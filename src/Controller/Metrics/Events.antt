-- ===== src/Controller/Metrics/Events.antt =====
-- The events of the metrics store (internal/controller/metrics.go), and its history after all of them.
use home_bench.Base.{
  All-map, ℕ, ◌≡◌, refl, true, false, not, List, [], ◌∷◌, ◌++◌, Option, none, some, arith, nat_eq,
  if_elim, All, lookup, Float64,
}
use home_bench.Protocol.Sample.{MetricSample, AggregatedSample}
use home_bench.Controller.Metrics.{
  Bucket, MetricsStore, credit_loop, tick, begin, freeze, enqueue, windows_of, second_of, slice_of,
  apply, receive, history_view, new_metrics_store, point_of,
}
use home_bench.Controller.Metrics.Order.{Ascending, Below, Ascending-append}
use home_bench.Controller.Metrics.Invariant.{secs, IsOrdered, InTime, covered, lookup-All}
use home_bench.Controller.Metrics.Timeline.{
  credit_loop-Credited, flush_closed-IsOrdered, ensure-IsOrdered, trim-IsOrdered, secs-append,
}

-- The calls of the store, and the turns of its loop, each with what it reads of the clock.
pub data Event (F : Type 0) : Type 0 where
  begins : Event F
  freezes : ℕ → Event F
  adds : MetricSample F → Event F
  receives : ℕ → ℕ → Event F
  ticks : ℕ → ℕ → Event F

module _ {F : Type 0} ⦃f : Float64 F⦄ where
  abbrev pub step : Event F → MetricsStore F → MetricsStore F
  step begins m = begin m
  step (freezes now) m = freeze now m
  step (adds s) m = enqueue s m
  step (receives now cutoff_now) m = receive now cutoff_now m
  step (ticks now cutoff_now) m = tick now cutoff_now m

  abbrev pub run_events : List (Event F) → MetricsStore F → MetricsStore F
  run_events [] m = m
  run_events (e ∷ es) m = run_events es (step e m)

  -- Each second that the sample covers is in the history, or after all of it.
  abbrev pub IsTimely : ℕ → MetricSample F → MetricsStore F → Type 0
  IsTimely now s m =
      All (λ k. InTime k (secs m.history)) (covered (windows_of s) 0 (second_of now s))

  abbrev pub HeadTimely : ℕ → List (MetricSample F) → MetricsStore F → Type 0
  HeadTimely now [] m = Unit
  HeadTimely now (s ∷ rest) m = m.recording ≡ true → IsTimely now s m

  -- The samples that are applied while the store is recording are timely.
  abbrev pub EventTimely : Event F → MetricsStore F → Type 0
  EventTimely (receives now cutoff_now) m = HeadTimely now m.inbox m
  EventTimely _ m = Unit

  abbrev pub AllTimely : List (Event F) → MetricsStore F → Type 0
  AllTimely [] m = Unit
  AllTimely (e ∷ es) m = EventTimely e m × AllTimely es (step e m)

  -- The invariant reads the history and the buckets alone.
  same_lists :
      (m n : MetricsStore F)
      → n.history ≡ m.history
      → n.buckets ≡ m.buckets
      → IsOrdered m
      → IsOrdered n
  same_lists m n e e' v = record {
    ascending = rw e v.ascending;
    later = rw (e, e') v.later;
    keyed = rw e' v.keyed;
    distinct = rw e' v.distinct;
  }

  apply-IsOrdered :
      (now cutoff_now : ℕ) (s : MetricSample F) (m : MetricsStore F)
      → (m.recording ≡ true → IsTimely now s m)
      → IsOrdered m
      → IsOrdered (apply now cutoff_now s m)
  unfolding apply
  apply-IsOrdered now cutoff_now s m t v =
      let credited : MetricsStore F =
        credit_loop (windows_of s) 0 (second_of now s) (slice_of s) m in
      if_elim IsOrdered (not m.recording) (λ _. v)
        (λ r. trim-IsOrdered cutoff_now _ (
          flush_closed-IsOrdered (second_of now s) _ (
            same_lists credited _ refl refl
              (credit_loop-Credited (windows_of s) 0 (second_of now s) (slice_of s) m
                (t (ground (arith, r))) v).0)))

  receive-IsOrdered :
      (now cutoff_now : ℕ) (m : MetricsStore F)
      → EventTimely (receives now cutoff_now) m
      → IsOrdered m
      → IsOrdered (receive now cutoff_now m)
  unfolding receive
  receive-IsOrdered now cutoff_now m t v = first m.inbox t
    where
      first :
          (l : List (MetricSample F))
          → HeadTimely now l m
          → IsOrdered
              (elim l [ [] ↦ m | s ∷ rest ↦ apply now cutoff_now s (record m { inbox = rest }) ])
      first [] k = v
      first (s ∷ rest) k =
          apply-IsOrdered now cutoff_now s (record m { inbox = rest }) k
            (same_lists m (record m { inbox = rest }) refl refl v)

  step-IsOrdered :
      (e : Event F) (m : MetricsStore F) → EventTimely e m → IsOrdered m → IsOrdered (step e m)
  unfolding begin freeze enqueue tick
  step-IsOrdered begins m t v = record { ascending = tt; later = tt; keyed = tt; distinct = tt }
  step-IsOrdered (freezes now) m t v =
      flush_closed-IsOrdered _ _ (same_lists m (record m { recording = false }) refl refl v)
  step-IsOrdered (adds s) m t v =
      if_elim IsOrdered _ (λ _. same_lists m (record m { inbox = m.inbox ++ (s ∷ []) }) refl refl v)
        (λ _. v)
  step-IsOrdered (receives now cutoff_now) m t v = receive-IsOrdered now cutoff_now m t v
  step-IsOrdered (ticks now cutoff_now) m t v =
      if_elim IsOrdered m.recording
        (λ _. trim-IsOrdered cutoff_now _ (flush_closed-IsOrdered now _ (ensure-IsOrdered now m v)))
        (λ _. v)

  run_events-IsOrdered :
      (es : List (Event F)) (m : MetricsStore F)
      → AllTimely es m
      → IsOrdered m
      → IsOrdered (run_events es m)
  run_events-IsOrdered [] m t v = v
  run_events-IsOrdered (e ∷ es) m t v =
      run_events-IsOrdered es (step e m) t.1 (step-IsOrdered e m t.0 v)

  new_store-IsOrdered : IsOrdered {F = F} new_metrics_store
  unfolding new_metrics_store
  new_store-IsOrdered = record { ascending = tt; later = tt; keyed = tt; distinct = tt }

  history_view-Ascending :
      (now : ℕ) (m : MetricsStore F) → IsOrdered m → Ascending (secs (history_view now m))
  unfolding history_view point_of
  history_view-Ascending now m v =
      if_elim (λ (l : List (AggregatedSample F)). Ascending (secs l)) m.recording
        (λ _. open_last (lookup now m.buckets) refl) (λ _. v.ascending)
    where
      open_last :
          (o : Option (Bucket F))
          → lookup now m.buckets ≡ o
          → Ascending (secs (elim o [ some b ↦ m.history ++ (point_of b ∷ []) | none ↦ m.history ]))
      open_last none q = v.ascending
      open_last (some b) q =
          let after = lookup-All (λ e. Below (secs m.history) e.0) now b m.buckets v.later q in
          let key = lookup-All (λ e. e.1.ts ≡ e.0) now b m.buckets v.keyed q in
          rw (secs-append m.history (point_of b ∷ [])) (
            Ascending-append (secs m.history) (b.ts ∷ []) v.ascending (tt, tt)
              (All-map (λ t p. (rw key p, tt)) (secs m.history) after))

  -- After any calls of a new store and turns of its loop, in any order, if each sample was timely
  -- when it was applied to a recording store, the history that the UI reads is strictly ascending
  -- in time, the open second at its end included: no second stands twice.
  pub history-Ascending :
      (es : List (Event F)) (now : ℕ)
      → AllTimely es new_metrics_store
      → Ascending (secs (history_view now (run_events es new_metrics_store)))
  history-Ascending es now t =
      history_view-Ascending now (run_events es new_metrics_store)
        (run_events-IsOrdered es new_metrics_store t new_store-IsOrdered)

## WORK REQUEST
The response consists of the lines above that contain "MetricSample".

## EXERCISE SOLUTION
use home_bench.Protocol.Sample.{MetricSample, AggregatedSample}
  adds : MetricSample F → Event F
  abbrev pub IsTimely : ℕ → MetricSample F → MetricsStore F → Type 0
  abbrev pub HeadTimely : ℕ → List (MetricSample F) → MetricsStore F → Type 0
      (now cutoff_now : ℕ) (s : MetricSample F) (m : MetricsStore F)
          (l : List (MetricSample F))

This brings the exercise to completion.